# Work request
Take the material below and reproduce, word for word, only the lines from the line with "-- All digits" through the line with "times_digit (suc zero)".
*** Opening of Source information ***
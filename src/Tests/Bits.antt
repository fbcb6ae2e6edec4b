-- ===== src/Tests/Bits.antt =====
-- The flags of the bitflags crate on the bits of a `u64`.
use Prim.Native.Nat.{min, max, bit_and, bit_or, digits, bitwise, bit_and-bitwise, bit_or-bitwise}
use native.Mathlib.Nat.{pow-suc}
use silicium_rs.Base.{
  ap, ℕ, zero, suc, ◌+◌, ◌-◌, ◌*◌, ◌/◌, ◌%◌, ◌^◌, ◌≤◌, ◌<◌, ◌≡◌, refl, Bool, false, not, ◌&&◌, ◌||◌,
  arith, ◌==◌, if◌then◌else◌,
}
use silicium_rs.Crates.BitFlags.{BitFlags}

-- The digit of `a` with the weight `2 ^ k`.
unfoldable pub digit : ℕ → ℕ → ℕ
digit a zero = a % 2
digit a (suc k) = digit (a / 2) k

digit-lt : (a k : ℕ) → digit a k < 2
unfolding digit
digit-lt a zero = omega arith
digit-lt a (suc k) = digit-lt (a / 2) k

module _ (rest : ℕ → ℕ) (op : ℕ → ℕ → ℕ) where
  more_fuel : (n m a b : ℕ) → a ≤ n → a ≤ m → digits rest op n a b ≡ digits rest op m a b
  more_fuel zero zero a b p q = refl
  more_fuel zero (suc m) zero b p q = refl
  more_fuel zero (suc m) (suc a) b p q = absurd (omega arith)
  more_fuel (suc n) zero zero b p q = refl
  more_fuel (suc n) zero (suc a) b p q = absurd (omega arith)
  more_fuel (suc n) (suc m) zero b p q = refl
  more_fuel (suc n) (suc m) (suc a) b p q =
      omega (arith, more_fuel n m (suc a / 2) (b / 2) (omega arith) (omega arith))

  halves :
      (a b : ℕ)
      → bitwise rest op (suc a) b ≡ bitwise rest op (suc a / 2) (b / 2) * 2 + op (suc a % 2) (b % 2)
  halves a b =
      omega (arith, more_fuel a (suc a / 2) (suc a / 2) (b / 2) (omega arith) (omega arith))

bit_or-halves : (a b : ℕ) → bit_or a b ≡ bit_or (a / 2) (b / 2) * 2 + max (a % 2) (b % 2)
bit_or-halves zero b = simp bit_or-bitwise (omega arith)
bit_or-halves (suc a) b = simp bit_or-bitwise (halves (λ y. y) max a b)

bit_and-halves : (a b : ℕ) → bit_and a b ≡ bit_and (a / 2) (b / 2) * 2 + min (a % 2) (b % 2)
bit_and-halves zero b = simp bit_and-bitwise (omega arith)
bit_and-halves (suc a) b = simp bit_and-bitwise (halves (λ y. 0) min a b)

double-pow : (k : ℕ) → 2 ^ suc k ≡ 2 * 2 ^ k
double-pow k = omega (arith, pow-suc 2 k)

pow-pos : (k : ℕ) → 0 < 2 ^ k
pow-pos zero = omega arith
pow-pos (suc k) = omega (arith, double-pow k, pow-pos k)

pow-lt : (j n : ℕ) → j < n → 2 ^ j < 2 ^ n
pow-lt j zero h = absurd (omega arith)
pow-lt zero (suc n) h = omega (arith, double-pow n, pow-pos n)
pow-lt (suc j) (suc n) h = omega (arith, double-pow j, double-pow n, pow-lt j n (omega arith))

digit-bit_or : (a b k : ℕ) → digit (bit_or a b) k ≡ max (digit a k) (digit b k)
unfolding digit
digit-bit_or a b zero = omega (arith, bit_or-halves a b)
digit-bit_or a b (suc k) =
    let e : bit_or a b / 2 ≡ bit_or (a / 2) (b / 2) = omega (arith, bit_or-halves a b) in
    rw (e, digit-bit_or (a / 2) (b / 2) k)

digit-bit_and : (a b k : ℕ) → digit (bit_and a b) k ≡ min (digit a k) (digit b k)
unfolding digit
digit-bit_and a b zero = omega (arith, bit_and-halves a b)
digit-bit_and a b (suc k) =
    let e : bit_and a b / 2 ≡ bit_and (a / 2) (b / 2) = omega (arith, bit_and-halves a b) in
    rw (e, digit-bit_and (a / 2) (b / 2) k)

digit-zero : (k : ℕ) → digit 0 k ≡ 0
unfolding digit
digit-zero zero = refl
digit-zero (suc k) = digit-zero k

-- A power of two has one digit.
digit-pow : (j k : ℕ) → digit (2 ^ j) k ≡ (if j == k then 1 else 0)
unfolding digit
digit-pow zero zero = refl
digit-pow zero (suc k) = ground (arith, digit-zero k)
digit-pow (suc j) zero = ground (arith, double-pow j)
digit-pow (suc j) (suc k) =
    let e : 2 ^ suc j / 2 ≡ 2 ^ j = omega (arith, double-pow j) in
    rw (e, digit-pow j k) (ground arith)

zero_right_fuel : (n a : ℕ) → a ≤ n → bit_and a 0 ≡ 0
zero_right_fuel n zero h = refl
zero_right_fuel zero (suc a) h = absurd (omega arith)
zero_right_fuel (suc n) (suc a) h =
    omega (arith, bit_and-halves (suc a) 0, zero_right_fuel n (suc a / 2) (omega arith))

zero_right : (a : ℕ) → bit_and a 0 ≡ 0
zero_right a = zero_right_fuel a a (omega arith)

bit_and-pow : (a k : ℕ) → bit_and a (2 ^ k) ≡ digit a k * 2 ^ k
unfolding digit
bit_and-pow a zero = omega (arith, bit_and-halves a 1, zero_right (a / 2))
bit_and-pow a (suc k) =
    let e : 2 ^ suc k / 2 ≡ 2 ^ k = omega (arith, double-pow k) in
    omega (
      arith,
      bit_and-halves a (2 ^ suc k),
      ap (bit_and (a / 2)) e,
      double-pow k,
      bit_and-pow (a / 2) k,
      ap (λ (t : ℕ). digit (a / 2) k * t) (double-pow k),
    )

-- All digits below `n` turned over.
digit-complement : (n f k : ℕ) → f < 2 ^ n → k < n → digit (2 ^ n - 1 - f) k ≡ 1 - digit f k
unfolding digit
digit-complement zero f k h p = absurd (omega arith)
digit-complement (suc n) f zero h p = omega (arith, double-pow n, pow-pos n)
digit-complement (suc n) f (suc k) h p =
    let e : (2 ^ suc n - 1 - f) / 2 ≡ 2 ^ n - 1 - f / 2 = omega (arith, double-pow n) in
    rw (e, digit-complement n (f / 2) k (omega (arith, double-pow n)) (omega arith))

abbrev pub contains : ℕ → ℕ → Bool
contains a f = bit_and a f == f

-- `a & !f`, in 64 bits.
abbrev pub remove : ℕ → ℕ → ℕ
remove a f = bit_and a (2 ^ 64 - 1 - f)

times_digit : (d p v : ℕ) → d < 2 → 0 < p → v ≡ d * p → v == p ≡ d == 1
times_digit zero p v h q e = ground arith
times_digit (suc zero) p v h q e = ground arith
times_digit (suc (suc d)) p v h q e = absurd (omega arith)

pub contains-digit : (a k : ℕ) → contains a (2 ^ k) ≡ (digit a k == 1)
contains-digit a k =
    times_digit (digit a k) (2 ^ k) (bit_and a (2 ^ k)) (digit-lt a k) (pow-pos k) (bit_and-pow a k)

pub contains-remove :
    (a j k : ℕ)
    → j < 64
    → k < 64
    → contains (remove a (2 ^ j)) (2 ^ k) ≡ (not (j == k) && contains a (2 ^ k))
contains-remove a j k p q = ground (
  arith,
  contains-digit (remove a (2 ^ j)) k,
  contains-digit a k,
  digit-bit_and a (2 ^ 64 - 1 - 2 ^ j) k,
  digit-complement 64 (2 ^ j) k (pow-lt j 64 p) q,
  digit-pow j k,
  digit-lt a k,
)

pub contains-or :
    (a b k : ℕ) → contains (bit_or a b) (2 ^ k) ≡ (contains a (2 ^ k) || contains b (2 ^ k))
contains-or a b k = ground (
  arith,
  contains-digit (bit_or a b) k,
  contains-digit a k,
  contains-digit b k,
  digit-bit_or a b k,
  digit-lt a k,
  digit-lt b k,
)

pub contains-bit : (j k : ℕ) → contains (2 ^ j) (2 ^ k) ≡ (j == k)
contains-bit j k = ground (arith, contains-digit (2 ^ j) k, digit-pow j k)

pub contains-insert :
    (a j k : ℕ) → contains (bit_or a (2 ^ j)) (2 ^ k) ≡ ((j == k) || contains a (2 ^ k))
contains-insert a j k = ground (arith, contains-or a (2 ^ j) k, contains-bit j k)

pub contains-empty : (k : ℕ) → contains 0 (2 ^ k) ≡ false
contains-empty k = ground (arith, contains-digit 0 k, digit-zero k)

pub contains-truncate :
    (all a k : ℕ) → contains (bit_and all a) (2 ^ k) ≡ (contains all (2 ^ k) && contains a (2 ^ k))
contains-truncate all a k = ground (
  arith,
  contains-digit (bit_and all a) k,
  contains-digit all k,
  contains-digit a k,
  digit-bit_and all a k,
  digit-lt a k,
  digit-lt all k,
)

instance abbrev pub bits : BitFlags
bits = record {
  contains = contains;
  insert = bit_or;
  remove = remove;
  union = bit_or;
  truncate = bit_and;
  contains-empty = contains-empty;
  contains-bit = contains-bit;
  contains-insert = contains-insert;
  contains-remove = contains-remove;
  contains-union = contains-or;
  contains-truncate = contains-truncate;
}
*** Close of Source information ***
# Task answer
-- All digits below `n` turned over.
digit-complement : (n f k : ℕ) → f < 2 ^ n → k < n → digit (2 ^ n - 1 - f) k ≡ 1 - digit f k
unfolding digit
digit-complement zero f k h p = absurd (omega arith)
digit-complement (suc n) f zero h p = omega (arith, double-pow n, pow-pos n)
digit-complement (suc n) f (suc k) h p =
    let e : (2 ^ suc n - 1 - f) / 2 ≡ 2 ^ n - 1 - f / 2 = omega (arith, double-pow n) in
    rw (e, digit-complement n (f / 2) k (omega (arith, double-pow n)) (omega arith))

abbrev pub contains : ℕ → ℕ → Bool
contains a f = bit_and a f == f

-- `a & !f`, in 64 bits.
abbrev pub remove : ℕ → ℕ → ℕ
remove a f = bit_and a (2 ^ 64 - 1 - f)

times_digit : (d p v : ℕ) → d < 2 → 0 < p → v ≡ d * p → v == p ≡ d == 1
times_digit zero p v h q e = ground arith
times_digit (suc zero) p v h q e = ground arith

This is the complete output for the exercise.